Haller's appointment as a prosecutor also allowed Connelly to structure a book that gives equal time to his best-known series character, Los Angeles police Detective Harry Bosch. Bosch and Haller have met in Connelly's pages before — they're half brothers — but in The Reversal they narrate alternate chapters as Bosch works as the investigator for Haller's prosecution.

“I wanted to see if I could write a book that's hard to define — is it a police procedural or a courtroom drama? And I also wanted to show how different these guys are.”

Alternating their chapters, he says, allowed him to develop the plot in linear fashion, so readers follow the investigation and trial as they develop. “I guess with an e-book you could split them up into separate stories, but I'm not sure how that would work.”

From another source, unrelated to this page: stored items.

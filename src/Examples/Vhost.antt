-- ===== src/Examples/Vhost.antt =====
-- A table of internal/vhost/table.go with two hosts.
use lamund.Prelude.{ℕ, ◌≡◌, refl, [], ◌∷◌, codes, insert}
use lamund.Vhost.{sort_texts, Route, Table, normalize, upsert, new_table, domains}

abbrev first : Route ℕ
first = record { domain = codes "Toko.id."; handler = 1 }

abbrev second : Route ℕ
second = record { domain = codes "blog.id"; handler = 2 }

abbrev table : Table ℕ
table = record { routes = (codes "toko.id", first) ∷ [] }

port_is_dropped : normalize (codes "TOKO.id:8080") ≡ codes "toko.id"
unfolding normalize
port_is_dropped = refl

starts : upsert first new_table ≡ table
unfolding upsert new_table normalize insert
starts = refl

sorted : domains (upsert second table) ≡ codes "blog.id" ∷ codes "toko.id" ∷ []
unfolding domains upsert normalize insert sort_texts
sorted = refl
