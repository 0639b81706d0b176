-- ===== src/Orchestrator/Jobs/Admission.antt =====
-- crates/engine/src/orchestrator/mod.rs: the limits of admission hold whatever the jobs do.
use alac_bot.Prelude.{
  ℕ, ◌+◌, ◌≤◌, ◌≡◌, Bool, true, false, not, ◌&&◌, Option, none, List, [], ◌∷◌, arith, ◌==◌,
  if◌then◌else◌, Bool-cases, Option-cases, inl, inr, refl,
}
use alac_bot.Prelude.Text.{Text}
use alac_bot.Orchestrator.Jobs.{
  Engine, RunResult, Step, begins, lists, looks_up, claims, registers, resumes, gives_up_waiting,
  gives_up_woken, finishes, reads, closes, unlists, releases, cancels, Reach, here, next,
  new_engine, admit, let_in, RipJobOptions, begin_job, list_job, lookup, claim, register,
  give_up_wait, finish_job, read_cancelled, close_job, unlist, release_admission, cancel_job,
  terminalize, remove_admission, non_admin_jobs, user_jobs,
}

-- How many of the jobs are of a user and not an admin's.
abbrev pub plain_user_jobs : ℕ → List (ℕ × ℕ × Bool) → ℕ
plain_user_jobs id [] = 0
plain_user_jobs id ((i, user, admin) ∷ rest) =
    (if not admin && user == id then 1 else 0) + plain_user_jobs id rest

abbrev pub IsLimited : List (ℕ × ℕ × Bool) → Type 0
IsLimited jobs = (non_admin_jobs jobs ≤ 16) × ((user : ℕ) → plain_user_jobs user jobs ≤ 4)

plain_user_jobs-le :
    (id : ℕ) (jobs : List (ℕ × ℕ × Bool)) → plain_user_jobs id jobs ≤ user_jobs id jobs
unfolding user_jobs
plain_user_jobs-le id [] = omega arith
plain_user_jobs-le id ((i, user, admin) ∷ rest) = ground (arith, plain_user_jobs-le id rest)

non_admin_jobs-remove :
    (id : ℕ) (jobs : List (ℕ × ℕ × Bool))
    → non_admin_jobs (remove_admission id jobs) ≤ non_admin_jobs jobs
unfolding non_admin_jobs remove_admission
non_admin_jobs-remove id [] = omega arith
non_admin_jobs-remove id ((i, user, admin) ∷ rest) = ground (arith, non_admin_jobs-remove id rest)

plain_user_jobs-remove :
    (u id : ℕ) (jobs : List (ℕ × ℕ × Bool))
    → plain_user_jobs u (remove_admission id jobs) ≤ plain_user_jobs u jobs
unfolding remove_admission
plain_user_jobs-remove u id [] = omega arith
plain_user_jobs-remove u id ((i, user, admin) ∷ rest) =
    ground (arith, plain_user_jobs-remove u id rest)

remove_admission-IsLimited :
    (id : ℕ) (jobs : List (ℕ × ℕ × Bool)) → IsLimited jobs → IsLimited (remove_admission id jobs)
remove_admission-IsLimited id jobs h = (
  omega (arith, h.0, non_admin_jobs-remove id jobs),
  λ u. omega (arith, h.1 u, plain_user_jobs-remove u id jobs),
)

admit-IsLimited :
    (id : ℕ) (o : RipJobOptions) (jobs : List (ℕ × ℕ × Bool))
    → admit o jobs ≡ none
    → IsLimited jobs
    → IsLimited ((id, o.user_id, o.is_admin) ∷ remove_admission id jobs)
unfolding admit non_admin_jobs
admit-IsLimited id o jobs a h = (
  ground (arith, h.0, a, non_admin_jobs-remove id jobs),
  λ u. ground (arith, h.1 u, a, plain_user_jobs-remove u id jobs, plain_user_jobs-le u jobs),
)

begin_job-IsLimited :
    (id : ℕ) (o : RipJobOptions) (e : Engine)
    → IsLimited e.admissions
    → IsLimited (begin_job id o e).admissions
unfolding begin_job let_in
begin_job-IsLimited id o e h = elim (Bool-cases o.is_supported) [
  | inr s ↦ rw s h
  | inl s ↦ elim (Option-cases (admit o e.admissions)) [
    | inl a ↦ rw (s, a) (admit-IsLimited id o e.admissions a h)
    | inr a ↦ rw (s, a.1) h
  ]
]

close_job-admissions :
    (id : ℕ) (r : RunResult) (c : Bool) (e : Engine)
    → (close_job id r c e).admissions ≡ e.admissions
unfolding close_job terminalize
close_job-admissions id r true e = refl
close_job-admissions id (RunResult.ok n) false e = refl
close_job-admissions id (RunResult.err n) false e = refl

cancel_job-admissions :
    (id : ℕ) (by : Option Text) (e : Engine) → (cancel_job id by e).1.admissions ≡ e.admissions
unfolding cancel_job
cancel_job-admissions id by e = ground arith

keep : (a b : List (ℕ × ℕ × Bool)) → b ≡ a → IsLimited a → IsLimited b
keep a b q h = rw q h

Step-IsLimited : {e f : Engine} → Step e f → IsLimited e.admissions → IsLimited f.admissions
unfolding list_job lookup terminalize claim register give_up_wait finish_job read_cancelled unlist
    release_admission
Step-IsLimited {e} (begins id o s) h = begin_job-IsLimited id o e h
Step-IsLimited (lists id s) h = h
Step-IsLimited (looks_up id s) h = h
Step-IsLimited (claims id s) h = h
Step-IsLimited (registers id w s) h = h
Step-IsLimited (resumes id w s) h = h
Step-IsLimited (gives_up_waiting id w s c) h = h
Step-IsLimited (gives_up_woken id w s c) h = h
Step-IsLimited (finishes id r s) h = h
Step-IsLimited (reads id r s) h = h
Step-IsLimited {e} (closes id r c s) h = keep _ _ (close_job-admissions id r c e) h
Step-IsLimited (unlists id r s) h = h
Step-IsLimited {e} (releases id r s) h = remove_admission-IsLimited id e.admissions h
Step-IsLimited {e} (cancels id by) h = keep _ _ (cancel_job-admissions id by e) h

-- Whatever jobs begin, run, wait, are cancelled and end, in whatever order, never more than 16 jobs
-- that are not an admin's hold a slot, nor more than four of these of one user.
pub Reach-IsLimited : {e : Engine} → Reach new_engine e → IsLimited e.admissions
unfolding new_engine non_admin_jobs
Reach-IsLimited here = (omega arith, λ u. omega arith)
Reach-IsLimited (next r s) = Step-IsLimited s (Reach-IsLimited r)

He uses first-person narration for Haller's chapters, which is “more intimate for the reader,” and third-person for Bosch's.

Yet longtime fans may feel they know much more about Bosch, and not just because he has been the protagonist of 14 novels.

Bosch is a compelling character in part because readers know a lot about his past: the murder of his mother when he was a boy, his time in foster homes, his military service as a “tunnel rat” in Vietnam, his checkered romantic history, the unsolved cases that haunt him.

“I think Harry is a natural-born cold case detective because of his mother's murder,” Connelly says. Weaving his past into the books is easier because “places spark memories when he's out on a case. He has more contemplative moments.”

Haller, on the other hand, is “very present tense.” Taking readers back into his past is more difficult. “In first person, that's harder to do. And he's always in a courtroom. There's no space in a trial for introspection.”

As the publication date for The Reversal approached, Connelly was finishing his next book, a process he likens to “spinning plates.” The Fifth Witness, to be published in April, will be a Haller book. He's done being a prosecutor, Connelly says, but won't be going back to criminal defense either.

“With the down economy, public defenders are overburdened, and there are fewer customers for defense lawyers,” Connelly says. A former crime reporter for the Los Angeles Times and other newspapers, he's ripping Haller's new line of work from the headlines: foreclosures. “Of course, it leads him into a criminal thing.”

Connelly is hoping to have “bookend” novels next year, the second one a Bosch book. Because he has allowed the character to age in real time, Bosch is facing retirement in just a few years, and the author feels he still has stories left to tell about him.

Most of Connelly's books are set in Los Angeles, where he lived for many years and still spends much of his time. He and his family have lived in the bay area for almost a decade, but, he says, “I don't feel moved to write about it” — although a couple of the lawyers who serve as inspirations for Haller are friends who live here.

Although Bosch and Haller are very different characters, one thing they have in common that serves a pivotal role in The Reversal is fatherhood. In this book as in Connelly's last one, Nine Dragons, Bosch's young daughter, Maddie, is threatened with serious danger because of his work. This time, the same is true for Haller's daughter, Hayley.

Both girls are 14, about the same age as Connelly's daughter. Is that an example of writing about what scares you? “To get a connection to your characters,” he says, “you have to put them in a situation that you can feel yourself.

“And I wanted to put them in a situation where they would feel there were no rules — especially Bosch.”